A photo of an E.U. flag mural attributed to the artist Banksy in the British port of Dover in December 2018.
An E.U. flag mural attributed to the artist Banksy is chipped away in the British port of Dover in December 2018. Toby Melville/Reuters

In advance of “No Deal Brexit,” Britain’s watery southern border has been consumed by a weird shipping scandal and fear of a (nonexistent) tide of migrants.

There’s been a strange synchronicity between British and American national obsessions this week. Over the holiday period, both countries’ media and political establishments became fixated on each country’s southern frontier. While America has been hunkering down into a deadlock over the construction of a wall intended to keep people out (or at least to exist as a metaphor for such a process), Britain’s government has been going in the other direction. The U.K. government has been worrying that, post-Brexit, its border controls will be just too effective at keeping things out—specifically the goods and supplies that keep the country running.

This week, the U.K. government admitted that it had earmarked $136 million to pay for extra shipping across the English Channel—shipping that could be needed in the event of the country leaves the E.U. without a deal in place on March 29, 2019. This money has been set aside in case a No Deal Brexit—the term used to describe the possibility of Britain leaving the E.U. without having agreed any terms with the remaining 27 E.U. countries, obliging it (until new deals are negotiated) to trade with European neighbors using bare bones World Trade Organization rules.

This far-from-impossible eventuality would, among other things, have the effect of jamming Britain’s ports as new customs checks slow traffic. Even cursory checks could cause tailbacks of hundreds of miles on roads either side of the narrow, busy Straits of Dover, across which southern England faces France and Belgium. The idea is to lay on extra shipping to alternative ports away from Dover, in order to stop Britain running dry on essential supplies slowed by this gridlock and prevent bare shelves in stores and pharmacies.

It’s not necessarily clear that the government’s No Deal plan to keep Britain flush with wine and shampoo would be effective.

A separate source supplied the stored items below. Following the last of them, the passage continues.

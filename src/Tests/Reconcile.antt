-- ===== src/Tests/Reconcile.antt =====
-- Reconciling a workspace in a small cluster that lives in memory, and forking it.
use forkspacer.Base.{
  ℕ, ◌+◌, ◌*◌, String, ◌≡◌, ◌≢◌, refl, Bool, true, false, none, some, [], ◌∷◌, Assoc, if◌then◌else◌,
  arith,
}
use forkspacer.Go.{Error, ok, err, not_found}
use forkspacer.Go.Int.{ℤ}
use forkspacer.Exec.{pure}
use forkspacer.Api.Meta.{ObjectKey}
use forkspacer.Api.Workspace
use forkspacer.Api.Workspace.{Workspace, WorkspacePhase}
use forkspacer.Api.Module
use forkspacer.Api.Module.{Module}
use forkspacer.Controller.Retry.{retry_times, retry_times-Attempts}
use forkspacer.Controller.Cron.{Scheduler, CronManager, done}
use forkspacer.Controller.Workspace.{Run, Client, ClientLaws, set_phase_ready}
use forkspacer.Controller.Workspace.Fork.{fork_workspace}
use forkspacer.Controller.Workspace.Migrate.{Services, while_asleep}
use forkspacer.Controller.Workspace.Fork.Started.{Forked, fork_workspace-Forked}
use forkspacer.Controller.Workspace.Migrate.Restore.{Restored, while_asleep-Restored}
use forkspacer.Controller.Workspace.Setup.{Setup}
use forkspacer.Controller.Workspace.EmptyPhase.{handle_empty_phase}
use forkspacer.Controller.Workspace.Reconcile.{await_gone, rounds, deletion_timeout, reconcile}
use forkspacer.Controller.Workspace.Reconcile.Fuel.{ClockLaws, await_gone-rounds}
use forkspacer.Controller.Workspace.EmptyPhase.Start
use forkspacer.Controller.Workspace.EmptyPhase.Start.{last_status, handle_empty_phase-Settled}
use forkspacer.Controller.Workspace.Reconcile.Requeue.{
  ForksNothing, reconcile-ForksNothing, Unforked, reconcile-Unforked,
}
use forkspacer.Tests.Data.{codec, dev, dev_managed, redis_with, replicas}
use forkspacer.Tests.Render.{engine}
use forkspacer.Tests.Services.{sdk, loader, admin, no_environment, secrets}

-- A workspace, whether its module is there, and the time in nanoseconds.
pub record Cluster : Type 0 where
  pub workspace_object : Workspace
  pub there : Bool
  pub time : ℕ

abbrev missing : Error
missing = record { class = not_found; text = "not found" }

abbrev redis : Module
redis = redis_with (replicas ∷ []) "{replicas: 3}" Module.ready none

abbrev client : Client Cluster
client = record {
  get_workspace = λ key w. (ok w.workspace_object, w);
  update_workspace = λ x w. (ok x, record w { workspace_object = x });
  patch_workspace = λ old x w. (ok x, record w { workspace_object = x });
  update_status = λ x w. (ok x, record w { workspace_object = x });
  list_modules = λ key w. (ok (redis ∷ []), w);
  get_module = λ key w. (if w.there then ok redis else err missing, w);
  patch_module = λ old new w. (ok new, w);
  create_module = λ new w. (ok new, w);
  delete_module = λ key w. (ok tt, record w { there = false });
  now = λ w. (w.time, w);
  sleep = λ n w. record w { time = w.time + n * 1000000 };
  retry = retry_times 4;
}

client_laws : ClientLaws client
client_laws = record { retries = retry_times-Attempts 4 }

abbrev clock_laws : ClockLaws client
clock_laws = record {
  time = λ w. w.time;
  now_reads = λ w. refl;
  now_forward = λ w. omega arith;
  get_forward = λ key w. omega arith;
  sleeps = λ n w. omega arith;
}

abbrev services : Services Cluster String ℤ
services = record {
  codec = codec;
  engine = engine;
  loader = loader;
  secrets = secrets;
  config_maps = record {
    get = λ k namespace name w. (err missing, w);
    create = λ k object w. (ok tt, w);
    update = λ k object w. (ok tt, w);
    delete = λ k namespace name w. (ok tt, w);
  };
  migrate_pvc = λ source dest w. (ok tt, w);
}

abbrev scheduler : Scheduler ℕ ℕ
scheduler = record {
  parse = λ s. ok 8;
  next = λ hours now. now + hours;
  entry = λ id hours. hours;
  add_func = λ s hours. (ok 1, 8);
  remove = λ id hours. hours;
}

abbrev setup : Setup Cluster String String (Assoc String) ℤ ℕ ℕ
setup = record {
  client = client;
  services = services;
  admin = admin;
  sdk = λ k. sdk;
  env = no_environment;
  scheduler = scheduler;
}

abbrev key : ObjectKey
key = record { key_namespace = "default"; key_name = "dev" }

abbrev world : Workspace → Cluster
world w = record { workspace_object = w; there = true; time = 7 }

abbrev run : Workspace → Run Cluster
run w = record { world = world w; trace = [] }

abbrev manager : CronManager ℕ
manager = record { locked = false; id_mapper = ("uid", 1) ∷ []; cron = 5 }

await_gone-rounds_example :
    await_gone setup 40 (7 + deletion_timeout) key (run dev)
    ≡ await_gone setup rounds (7 + deletion_timeout) key (run dev)
await_gone-rounds_example =
    await_gone-rounds setup clock_laws 40 7 key (run dev) (omega arith) (omega arith)

handle_empty_phase-Settled_example :
    Start.Settled setup key (run dev_managed) (handle_empty_phase setup key (run dev_managed))
handle_empty_phase-Settled_example =
    handle_empty_phase-Settled setup key client_laws (run dev_managed)

abbrev dev_in : WorkspacePhase → Workspace
dev_in phase = record dev { status = record dev.status { phase = phase } }

set_differs : ◌≢◌ {A = WorkspacePhase} Workspace.ready Workspace.unset
set_differs e = cc

reconcile-ForksNothing_example :
    ForksNothing setup client_laws key
      (run (dev_in Workspace.ready))
      (reconcile setup key 7 (run (dev_in Workspace.ready), (manager, manager)))
reconcile-ForksNothing_example =
    reconcile-ForksNothing setup client_laws key 7 (dev_in Workspace.ready)
      (world (dev_in Workspace.ready)) (run (dev_in Workspace.ready)) (manager, manager) refl refl
      set_differs

-- A new workspace that is forked from one whose only module is being installed.
abbrev fresh : Workspace
fresh = record (dev_in Workspace.unset) {
  spec = record dev.spec {
    from = some (record { name = "origin"; namespace = "default"; migrate_data = false });
    auto_hibernation = none;
  };
}

abbrev busy : Client Cluster
busy = record client {
  list_modules = λ key w.
      (ok (record redis { status = record redis.status { phase = Module.installing } } ∷ []), w);
}

busy_laws : ClientLaws busy
busy_laws = record { retries = retry_times-Attempts 4 }

abbrev busy_setup : Setup Cluster String String (Assoc String) ℤ ℕ ℕ
busy_setup = record setup { client = busy }

abbrev now_ready : Workspace
now_ready = record fresh {
  metadata = record fresh.metadata { finalizers = "delete" ∷ [] };
  status = record {
    conditions = [];
    phase = Workspace.ready;
    ready = true;
    last_activity = some 7;
    hibernated_at = none;
    message = none;
  };
}

abbrev after : Run Cluster
after = (handle_empty_phase busy_setup key (run fresh)).1

handled : handle_empty_phase busy_setup key (run fresh) ≡ (ok (5, now_ready), after)
unfolding handle_empty_phase set_phase_ready fork_workspace retry_times
handled = refl

reconcile-Unforked_example :
    Unforked busy_setup busy_laws key now_ready after
    × (last_status after.trace ≡ some Workspace.ready)
    × (reconcile busy_setup key 7 (run fresh, (manager, manager))
        ≡ done (ok 0, (after, (manager, manager))))
reconcile-Unforked_example =
    reconcile-Unforked busy_setup busy_laws key 7 fresh now_ready (world fresh) (run fresh) after 5
      (manager, manager) refl refl refl handled (λ e. cc) refl

fork_workspace-Forked_example :
    Forked client services dev (run dev) (fork_workspace client services dev dev_managed (run dev))
fork_workspace-Forked_example = fork_workspace-Forked client services dev dev_managed (run dev)

while_asleep-Restored_example :
    Restored client services redis redis
      (λ m. pure tt)
      (run dev)
      (while_asleep client services redis redis (λ m. pure tt) (run dev))
while_asleep-Restored_example =
    while_asleep-Restored client services redis redis (λ m. pure tt) (run dev)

Harbor space, for example, is as great an issue as the volume of shipping. But this being contemporary Britain—a grown nation writhing and flailing through its decision-making with all the finesse of a drunk man being attacked by hornets—there’s a yet bigger problem with the plan. One of the six companies chosen by the government to provide extra shipping in the event of No Deal has not shipped any trucks before. It has not, in fact, shipped so much as a peanut.

Seaborne Freight, which won a contract to transfer goods and passengers on the previously defunct route between Belgium’s Ostend and the English port of Ramsgate, is completely new to the game, meaning that a key component of the post-No Deal plan is based on a company that as an entity has never shipped but quite feels like giving it a go.

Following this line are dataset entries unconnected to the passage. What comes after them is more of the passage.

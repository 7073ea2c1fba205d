-- ===== src/Tests/Volumes.antt =====
-- A copy of a volume claim between two clusters that live in memory.
use forkspacer.Base.{ℕ, suc, String, [], ◌∷◌}
use forkspacer.Go.{ok}
use forkspacer.Migration.Volumes
use forkspacer.Migration.Volumes.{
  VolumeRun, VolumeHost, ticked, source_pod_at, dest_pod_at, migrate_pvc,
}
use forkspacer.Migration.Volumes.Cleaned.{Cleaned, migrate_pvc-Cleaned}

-- The world counts the ticks.
abbrev host : VolumeHost ℕ String String String
host = record {
  rest_config = λ config. ok config;
  clientset = λ rest. ok rest;
  unix = λ w. ("1767225600", w);
  create_pod = λ client pod w. (ok tt, w);
  get_pod = λ client namespace name w.
      (ok (record { phase = Volumes.running; conditions = ("Ready", "True") ∷ [] }), w);
  delete_pod = λ client namespace name w. (ok tt, w);
  select = λ w. (ticked, suc w);
  pipe = λ source source_pod dest dest_pod w. ((ok tt, ok tt), w);
}

abbrev start : VolumeRun ℕ
start = record { world = 0; trace = [] }

migrate_pvc-Cleaned_example :
    Cleaned host
      (source_pod_at host "1767225600" "default" "data")
      (dest_pod_at host "1767225600" "default" "data")
      []
      (migrate_pvc host 1 "source" "data" "default" "dest" "data" "default" start).0
      (migrate_pvc host 1 "source" "data" "default" "dest" "data" "default" start).1.trace
migrate_pvc-Cleaned_example =
    migrate_pvc-Cleaned host 1 "source" "data" "default" "dest" "data" "default" start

As the consequence of a process that was supposedly about Britain “taking back control,” this hardly inspires confidence. In a further ironic twist, most of this emergency shipping money will go to companies based not in Britain, but elsewhere in the E.U.

The English Channel is also the site of another Christmas Week story that is complicating the Brexit debate: Since December 25, over 50 migrants have succeeded in entering the U.K. after crossing the narrow straight and washing up on English beaches in small boats and dinghies apparently provided by people smugglers. These migrants (mostly Iranian) have, it has been claimed, crossed partly on the urging of smugglers telling them to cross the Channel before Brexit sealed the border for good. Addressing the issue as a major incident, British Home Secretary Sajid Javid has rushed back from vacation to deal with the situation.

But the urgency of this supposed migrant crisis seems more than a little fishy. It’s not just that the reported numbers of boat-borne arrivals are tiny—Britain discovered just over 1,800 clandestine arrivals in southern ports in 2017-18, out of a total of almost 28,000 new asylum claims. It’s also that the numbers of people coming to southern ports has actually been going down recently (until this Christmas upswing), a sign that the wider European migration crisis is slowly abating. This isn’t an exodus on the scale of the much-demonized U.S. caravan, it’s a “flood” in which no month has delivered more arrivals than could comfortably fit into a single London bus.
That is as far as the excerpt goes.